> _To do_:
Below is a listing; repeat exactly the lines from the one containing "the buffer is" to the one containing "encode_writes (e ∷", both included.
━━ Task material
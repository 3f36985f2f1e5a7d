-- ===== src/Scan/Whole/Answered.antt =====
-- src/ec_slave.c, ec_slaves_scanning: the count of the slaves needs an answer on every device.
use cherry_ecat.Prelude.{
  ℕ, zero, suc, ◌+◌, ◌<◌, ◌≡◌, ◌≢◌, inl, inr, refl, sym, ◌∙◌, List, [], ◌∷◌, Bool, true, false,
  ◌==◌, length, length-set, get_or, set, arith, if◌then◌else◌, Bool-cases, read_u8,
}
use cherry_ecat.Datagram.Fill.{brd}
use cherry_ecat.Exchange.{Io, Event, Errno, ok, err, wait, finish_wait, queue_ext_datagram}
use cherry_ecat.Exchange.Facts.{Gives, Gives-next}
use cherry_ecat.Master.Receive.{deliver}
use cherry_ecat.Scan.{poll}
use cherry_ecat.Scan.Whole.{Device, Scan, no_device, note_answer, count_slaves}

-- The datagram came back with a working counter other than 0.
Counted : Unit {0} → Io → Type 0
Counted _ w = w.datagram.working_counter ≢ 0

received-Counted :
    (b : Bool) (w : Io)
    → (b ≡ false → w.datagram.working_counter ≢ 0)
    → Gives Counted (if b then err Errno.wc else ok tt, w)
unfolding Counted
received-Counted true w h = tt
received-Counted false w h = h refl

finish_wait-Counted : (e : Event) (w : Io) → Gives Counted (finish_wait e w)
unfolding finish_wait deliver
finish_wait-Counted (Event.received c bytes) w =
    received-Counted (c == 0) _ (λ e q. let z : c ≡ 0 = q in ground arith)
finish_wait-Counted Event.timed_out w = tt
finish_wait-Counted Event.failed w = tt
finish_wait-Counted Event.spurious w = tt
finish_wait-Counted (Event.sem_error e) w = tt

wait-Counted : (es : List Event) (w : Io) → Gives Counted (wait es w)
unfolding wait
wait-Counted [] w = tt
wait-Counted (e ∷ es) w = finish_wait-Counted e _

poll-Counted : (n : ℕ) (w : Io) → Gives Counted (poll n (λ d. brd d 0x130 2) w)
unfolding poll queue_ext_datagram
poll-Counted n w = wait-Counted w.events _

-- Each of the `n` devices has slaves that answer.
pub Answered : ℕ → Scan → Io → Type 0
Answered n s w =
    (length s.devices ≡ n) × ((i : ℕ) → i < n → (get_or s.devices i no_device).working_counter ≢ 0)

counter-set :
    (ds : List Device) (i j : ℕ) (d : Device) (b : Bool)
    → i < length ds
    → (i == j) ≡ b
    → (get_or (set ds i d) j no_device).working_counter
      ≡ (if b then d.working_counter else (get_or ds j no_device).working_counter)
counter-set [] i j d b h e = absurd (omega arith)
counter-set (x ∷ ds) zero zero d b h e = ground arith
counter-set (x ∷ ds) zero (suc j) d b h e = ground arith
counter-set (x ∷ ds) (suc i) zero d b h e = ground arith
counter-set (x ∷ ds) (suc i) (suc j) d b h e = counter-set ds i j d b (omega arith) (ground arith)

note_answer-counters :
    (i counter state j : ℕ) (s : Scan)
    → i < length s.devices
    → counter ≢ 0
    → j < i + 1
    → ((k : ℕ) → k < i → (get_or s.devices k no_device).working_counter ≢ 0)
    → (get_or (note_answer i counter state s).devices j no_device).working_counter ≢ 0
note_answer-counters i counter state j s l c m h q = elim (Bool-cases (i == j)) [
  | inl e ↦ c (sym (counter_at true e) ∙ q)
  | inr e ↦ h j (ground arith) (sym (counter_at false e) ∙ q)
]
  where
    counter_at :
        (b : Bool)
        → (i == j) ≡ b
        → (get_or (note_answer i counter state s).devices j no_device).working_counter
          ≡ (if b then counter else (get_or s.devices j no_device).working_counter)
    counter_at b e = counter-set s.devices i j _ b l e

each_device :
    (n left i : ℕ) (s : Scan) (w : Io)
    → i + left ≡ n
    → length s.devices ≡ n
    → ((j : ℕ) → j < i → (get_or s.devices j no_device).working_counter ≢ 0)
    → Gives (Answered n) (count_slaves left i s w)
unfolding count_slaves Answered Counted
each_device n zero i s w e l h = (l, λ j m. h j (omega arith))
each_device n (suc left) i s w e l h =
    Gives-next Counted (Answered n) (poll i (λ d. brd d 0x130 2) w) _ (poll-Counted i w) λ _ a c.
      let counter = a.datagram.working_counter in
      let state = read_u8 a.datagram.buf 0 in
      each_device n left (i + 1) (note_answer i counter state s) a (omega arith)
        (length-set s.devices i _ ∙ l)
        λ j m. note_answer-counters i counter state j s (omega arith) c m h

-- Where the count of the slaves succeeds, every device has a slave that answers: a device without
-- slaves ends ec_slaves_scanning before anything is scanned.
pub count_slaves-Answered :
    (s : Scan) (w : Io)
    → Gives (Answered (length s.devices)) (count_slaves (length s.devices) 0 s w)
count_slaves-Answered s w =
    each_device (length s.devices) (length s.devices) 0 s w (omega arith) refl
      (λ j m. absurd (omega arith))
━━━━
━━ Task material
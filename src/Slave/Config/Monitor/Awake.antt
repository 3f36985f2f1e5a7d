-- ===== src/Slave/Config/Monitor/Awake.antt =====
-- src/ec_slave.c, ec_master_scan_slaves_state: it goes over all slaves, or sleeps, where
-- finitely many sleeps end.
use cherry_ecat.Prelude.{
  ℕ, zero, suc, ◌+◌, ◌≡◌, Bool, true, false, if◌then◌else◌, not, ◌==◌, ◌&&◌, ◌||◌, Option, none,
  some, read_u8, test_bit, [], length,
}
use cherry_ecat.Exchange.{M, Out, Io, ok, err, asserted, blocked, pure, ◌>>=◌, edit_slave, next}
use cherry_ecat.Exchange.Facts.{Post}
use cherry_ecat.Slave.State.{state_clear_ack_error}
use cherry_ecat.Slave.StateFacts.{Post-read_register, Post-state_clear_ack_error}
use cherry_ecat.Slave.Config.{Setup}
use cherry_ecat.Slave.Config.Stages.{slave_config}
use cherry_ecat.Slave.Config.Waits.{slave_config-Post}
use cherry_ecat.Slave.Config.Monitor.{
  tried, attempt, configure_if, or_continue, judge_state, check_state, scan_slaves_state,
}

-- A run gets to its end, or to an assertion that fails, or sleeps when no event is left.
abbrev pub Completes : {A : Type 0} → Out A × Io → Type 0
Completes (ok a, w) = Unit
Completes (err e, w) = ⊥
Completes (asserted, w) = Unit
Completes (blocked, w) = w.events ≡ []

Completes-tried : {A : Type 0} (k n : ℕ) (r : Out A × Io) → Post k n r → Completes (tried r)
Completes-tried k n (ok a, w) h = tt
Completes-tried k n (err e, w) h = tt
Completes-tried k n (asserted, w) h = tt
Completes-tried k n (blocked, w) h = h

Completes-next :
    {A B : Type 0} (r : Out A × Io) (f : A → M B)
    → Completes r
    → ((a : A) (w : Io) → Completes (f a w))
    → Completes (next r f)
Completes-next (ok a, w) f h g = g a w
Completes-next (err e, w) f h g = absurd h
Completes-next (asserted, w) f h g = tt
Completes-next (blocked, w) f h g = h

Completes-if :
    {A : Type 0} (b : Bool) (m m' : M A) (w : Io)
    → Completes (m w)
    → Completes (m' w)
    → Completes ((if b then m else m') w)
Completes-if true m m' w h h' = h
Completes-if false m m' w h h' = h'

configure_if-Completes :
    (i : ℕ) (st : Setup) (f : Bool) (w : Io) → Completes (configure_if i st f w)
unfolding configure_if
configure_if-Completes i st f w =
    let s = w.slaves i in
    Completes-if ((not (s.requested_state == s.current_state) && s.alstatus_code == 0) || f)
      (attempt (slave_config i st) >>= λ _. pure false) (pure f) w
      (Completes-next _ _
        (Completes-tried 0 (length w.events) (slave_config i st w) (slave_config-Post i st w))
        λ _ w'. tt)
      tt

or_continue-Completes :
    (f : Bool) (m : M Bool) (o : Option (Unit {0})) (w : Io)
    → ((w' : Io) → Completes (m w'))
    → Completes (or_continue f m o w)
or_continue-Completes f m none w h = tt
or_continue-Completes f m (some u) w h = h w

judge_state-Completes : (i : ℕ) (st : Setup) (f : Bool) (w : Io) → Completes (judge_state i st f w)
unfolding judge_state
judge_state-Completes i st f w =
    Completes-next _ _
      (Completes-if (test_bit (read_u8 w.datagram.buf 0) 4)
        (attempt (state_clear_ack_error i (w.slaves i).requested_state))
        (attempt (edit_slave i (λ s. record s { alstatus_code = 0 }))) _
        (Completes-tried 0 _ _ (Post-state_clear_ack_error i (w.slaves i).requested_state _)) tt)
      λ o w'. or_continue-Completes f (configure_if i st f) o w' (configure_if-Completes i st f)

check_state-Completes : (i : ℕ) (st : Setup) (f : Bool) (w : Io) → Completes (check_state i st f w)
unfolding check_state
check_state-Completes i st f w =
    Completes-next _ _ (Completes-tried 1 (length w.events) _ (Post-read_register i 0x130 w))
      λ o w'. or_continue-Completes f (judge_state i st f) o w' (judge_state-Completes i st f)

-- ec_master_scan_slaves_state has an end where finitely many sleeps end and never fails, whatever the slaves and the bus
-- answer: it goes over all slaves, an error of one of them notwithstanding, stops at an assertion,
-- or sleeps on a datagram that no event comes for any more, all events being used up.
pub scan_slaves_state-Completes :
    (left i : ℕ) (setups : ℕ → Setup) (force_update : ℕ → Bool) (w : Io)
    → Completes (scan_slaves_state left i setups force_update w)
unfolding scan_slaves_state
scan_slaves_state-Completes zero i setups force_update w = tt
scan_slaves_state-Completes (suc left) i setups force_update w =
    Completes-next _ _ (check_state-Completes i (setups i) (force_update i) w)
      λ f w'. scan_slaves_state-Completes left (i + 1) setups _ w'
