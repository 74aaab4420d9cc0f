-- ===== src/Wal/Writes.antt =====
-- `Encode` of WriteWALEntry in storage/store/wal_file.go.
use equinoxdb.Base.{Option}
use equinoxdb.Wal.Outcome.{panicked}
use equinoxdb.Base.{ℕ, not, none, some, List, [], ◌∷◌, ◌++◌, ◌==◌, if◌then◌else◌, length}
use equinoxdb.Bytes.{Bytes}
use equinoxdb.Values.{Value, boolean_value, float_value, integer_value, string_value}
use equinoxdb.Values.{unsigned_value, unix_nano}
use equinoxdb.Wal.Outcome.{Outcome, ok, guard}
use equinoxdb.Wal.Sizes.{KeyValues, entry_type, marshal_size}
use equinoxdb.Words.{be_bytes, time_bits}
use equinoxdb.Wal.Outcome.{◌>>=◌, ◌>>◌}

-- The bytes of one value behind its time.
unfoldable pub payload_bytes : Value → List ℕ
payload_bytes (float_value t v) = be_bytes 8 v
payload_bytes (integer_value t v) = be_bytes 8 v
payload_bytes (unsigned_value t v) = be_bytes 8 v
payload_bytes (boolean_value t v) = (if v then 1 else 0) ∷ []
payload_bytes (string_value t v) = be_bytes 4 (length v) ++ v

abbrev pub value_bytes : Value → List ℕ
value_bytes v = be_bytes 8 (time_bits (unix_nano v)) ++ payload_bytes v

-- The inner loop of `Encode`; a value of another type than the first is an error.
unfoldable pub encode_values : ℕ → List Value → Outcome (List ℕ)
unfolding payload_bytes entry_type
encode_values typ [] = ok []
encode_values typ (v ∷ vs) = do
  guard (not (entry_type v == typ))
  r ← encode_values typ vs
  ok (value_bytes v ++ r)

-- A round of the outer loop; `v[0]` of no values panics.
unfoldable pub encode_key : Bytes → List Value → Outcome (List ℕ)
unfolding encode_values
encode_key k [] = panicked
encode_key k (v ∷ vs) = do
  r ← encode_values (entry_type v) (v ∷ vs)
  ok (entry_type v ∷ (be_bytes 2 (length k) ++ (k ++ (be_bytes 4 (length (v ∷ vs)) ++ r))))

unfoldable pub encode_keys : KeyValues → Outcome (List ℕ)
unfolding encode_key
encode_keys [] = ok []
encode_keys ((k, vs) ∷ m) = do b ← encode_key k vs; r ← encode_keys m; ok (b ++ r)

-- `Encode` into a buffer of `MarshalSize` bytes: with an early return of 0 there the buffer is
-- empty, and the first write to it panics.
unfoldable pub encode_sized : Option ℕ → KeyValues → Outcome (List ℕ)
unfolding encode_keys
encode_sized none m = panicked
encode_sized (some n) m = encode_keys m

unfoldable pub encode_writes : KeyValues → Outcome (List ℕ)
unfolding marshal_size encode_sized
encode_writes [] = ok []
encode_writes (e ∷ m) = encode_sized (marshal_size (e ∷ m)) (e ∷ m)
━━━━
━━ Task material
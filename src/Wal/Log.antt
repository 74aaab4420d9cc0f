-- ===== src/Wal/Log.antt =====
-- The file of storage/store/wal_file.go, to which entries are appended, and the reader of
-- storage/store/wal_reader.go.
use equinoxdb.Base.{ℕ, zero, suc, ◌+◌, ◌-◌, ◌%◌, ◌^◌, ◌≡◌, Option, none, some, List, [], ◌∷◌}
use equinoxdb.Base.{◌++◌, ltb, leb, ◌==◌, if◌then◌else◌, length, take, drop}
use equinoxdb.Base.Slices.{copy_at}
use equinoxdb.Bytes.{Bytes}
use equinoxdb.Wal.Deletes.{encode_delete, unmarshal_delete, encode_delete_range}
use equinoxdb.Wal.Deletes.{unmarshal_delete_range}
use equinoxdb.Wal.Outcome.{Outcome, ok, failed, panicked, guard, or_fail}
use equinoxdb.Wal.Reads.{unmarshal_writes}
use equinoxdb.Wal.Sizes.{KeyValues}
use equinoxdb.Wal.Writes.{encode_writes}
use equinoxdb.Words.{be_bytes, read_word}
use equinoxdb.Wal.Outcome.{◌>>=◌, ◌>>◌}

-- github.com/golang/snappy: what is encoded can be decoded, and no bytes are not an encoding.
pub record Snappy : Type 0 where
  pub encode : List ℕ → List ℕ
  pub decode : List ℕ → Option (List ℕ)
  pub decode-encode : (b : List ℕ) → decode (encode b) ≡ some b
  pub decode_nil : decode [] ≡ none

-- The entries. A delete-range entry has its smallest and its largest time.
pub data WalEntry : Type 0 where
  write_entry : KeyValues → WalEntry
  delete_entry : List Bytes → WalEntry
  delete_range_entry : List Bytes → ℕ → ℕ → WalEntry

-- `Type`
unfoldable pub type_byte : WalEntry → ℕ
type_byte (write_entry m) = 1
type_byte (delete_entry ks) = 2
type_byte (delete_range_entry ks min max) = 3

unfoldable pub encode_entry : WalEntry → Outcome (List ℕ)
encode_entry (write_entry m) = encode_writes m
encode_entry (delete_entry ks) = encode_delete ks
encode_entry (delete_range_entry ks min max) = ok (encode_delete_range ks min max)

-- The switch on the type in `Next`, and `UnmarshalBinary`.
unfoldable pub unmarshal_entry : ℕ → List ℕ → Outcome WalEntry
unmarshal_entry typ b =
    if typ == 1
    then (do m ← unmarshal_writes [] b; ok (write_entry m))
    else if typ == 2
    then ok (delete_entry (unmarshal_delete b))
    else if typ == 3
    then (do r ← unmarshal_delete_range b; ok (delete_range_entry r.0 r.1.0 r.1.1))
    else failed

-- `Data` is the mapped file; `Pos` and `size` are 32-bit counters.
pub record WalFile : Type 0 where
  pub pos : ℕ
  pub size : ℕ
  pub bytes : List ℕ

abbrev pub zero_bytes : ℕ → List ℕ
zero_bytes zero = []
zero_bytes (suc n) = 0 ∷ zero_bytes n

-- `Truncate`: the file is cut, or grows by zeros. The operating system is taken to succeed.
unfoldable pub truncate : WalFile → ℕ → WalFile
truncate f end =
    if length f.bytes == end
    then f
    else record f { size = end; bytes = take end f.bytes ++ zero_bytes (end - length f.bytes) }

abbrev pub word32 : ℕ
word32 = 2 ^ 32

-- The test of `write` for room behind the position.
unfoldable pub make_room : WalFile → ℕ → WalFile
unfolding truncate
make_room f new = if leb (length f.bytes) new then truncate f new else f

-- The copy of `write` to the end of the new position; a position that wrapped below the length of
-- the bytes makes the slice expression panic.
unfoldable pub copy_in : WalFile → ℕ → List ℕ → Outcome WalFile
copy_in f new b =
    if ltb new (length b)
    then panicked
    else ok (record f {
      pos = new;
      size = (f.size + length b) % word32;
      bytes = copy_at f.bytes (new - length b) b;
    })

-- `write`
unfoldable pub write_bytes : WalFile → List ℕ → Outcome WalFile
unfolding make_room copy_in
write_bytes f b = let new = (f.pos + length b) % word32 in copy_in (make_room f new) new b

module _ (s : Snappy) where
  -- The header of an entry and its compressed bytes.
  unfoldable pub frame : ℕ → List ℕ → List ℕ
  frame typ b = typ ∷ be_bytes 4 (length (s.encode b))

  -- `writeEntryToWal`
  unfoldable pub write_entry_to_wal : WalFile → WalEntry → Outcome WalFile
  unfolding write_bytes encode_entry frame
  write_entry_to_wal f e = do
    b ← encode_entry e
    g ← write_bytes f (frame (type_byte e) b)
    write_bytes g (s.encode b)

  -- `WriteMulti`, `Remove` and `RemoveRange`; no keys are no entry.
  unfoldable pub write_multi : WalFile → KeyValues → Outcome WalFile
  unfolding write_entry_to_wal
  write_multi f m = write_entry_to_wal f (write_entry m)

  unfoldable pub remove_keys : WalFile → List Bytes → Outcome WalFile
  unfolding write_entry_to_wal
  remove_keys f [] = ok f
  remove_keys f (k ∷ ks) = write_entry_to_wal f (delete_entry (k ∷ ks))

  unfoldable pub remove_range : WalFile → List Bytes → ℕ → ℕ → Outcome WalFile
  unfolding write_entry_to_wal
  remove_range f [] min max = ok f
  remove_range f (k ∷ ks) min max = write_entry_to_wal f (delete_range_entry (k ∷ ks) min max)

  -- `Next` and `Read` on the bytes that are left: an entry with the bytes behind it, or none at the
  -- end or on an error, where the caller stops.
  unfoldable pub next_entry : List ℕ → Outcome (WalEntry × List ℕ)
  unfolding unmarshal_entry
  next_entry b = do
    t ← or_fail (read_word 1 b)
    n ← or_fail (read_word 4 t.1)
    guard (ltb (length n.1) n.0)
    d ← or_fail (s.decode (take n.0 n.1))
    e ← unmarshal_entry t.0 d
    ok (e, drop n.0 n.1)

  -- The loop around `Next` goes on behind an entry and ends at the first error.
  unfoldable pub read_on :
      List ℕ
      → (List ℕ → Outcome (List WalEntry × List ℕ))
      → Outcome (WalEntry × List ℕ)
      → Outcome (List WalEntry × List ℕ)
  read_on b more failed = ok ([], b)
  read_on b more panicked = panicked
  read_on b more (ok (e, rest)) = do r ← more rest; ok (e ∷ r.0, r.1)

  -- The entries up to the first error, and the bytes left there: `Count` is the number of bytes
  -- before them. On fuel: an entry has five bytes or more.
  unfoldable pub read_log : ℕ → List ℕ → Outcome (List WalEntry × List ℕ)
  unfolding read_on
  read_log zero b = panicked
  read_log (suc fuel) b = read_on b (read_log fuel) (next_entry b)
━━━━
> _Written answer_:
-- `Encode` into a buffer of `MarshalSize` bytes: with an early return of 0 there the buffer is
-- empty, and the first write to it panics.
unfoldable pub encode_sized : Option ℕ → KeyValues → Outcome (List ℕ)
unfolding encode_keys
encode_sized none m = panicked
encode_sized (some n) m = encode_keys m

unfoldable pub encode_writes : KeyValues → Outcome (List ℕ)
unfolding marshal_size encode_sized
encode_writes [] = ok []
encode_writes (e ∷ m) = encode_sized (marshal_size (e ∷ m)) (e ∷ m)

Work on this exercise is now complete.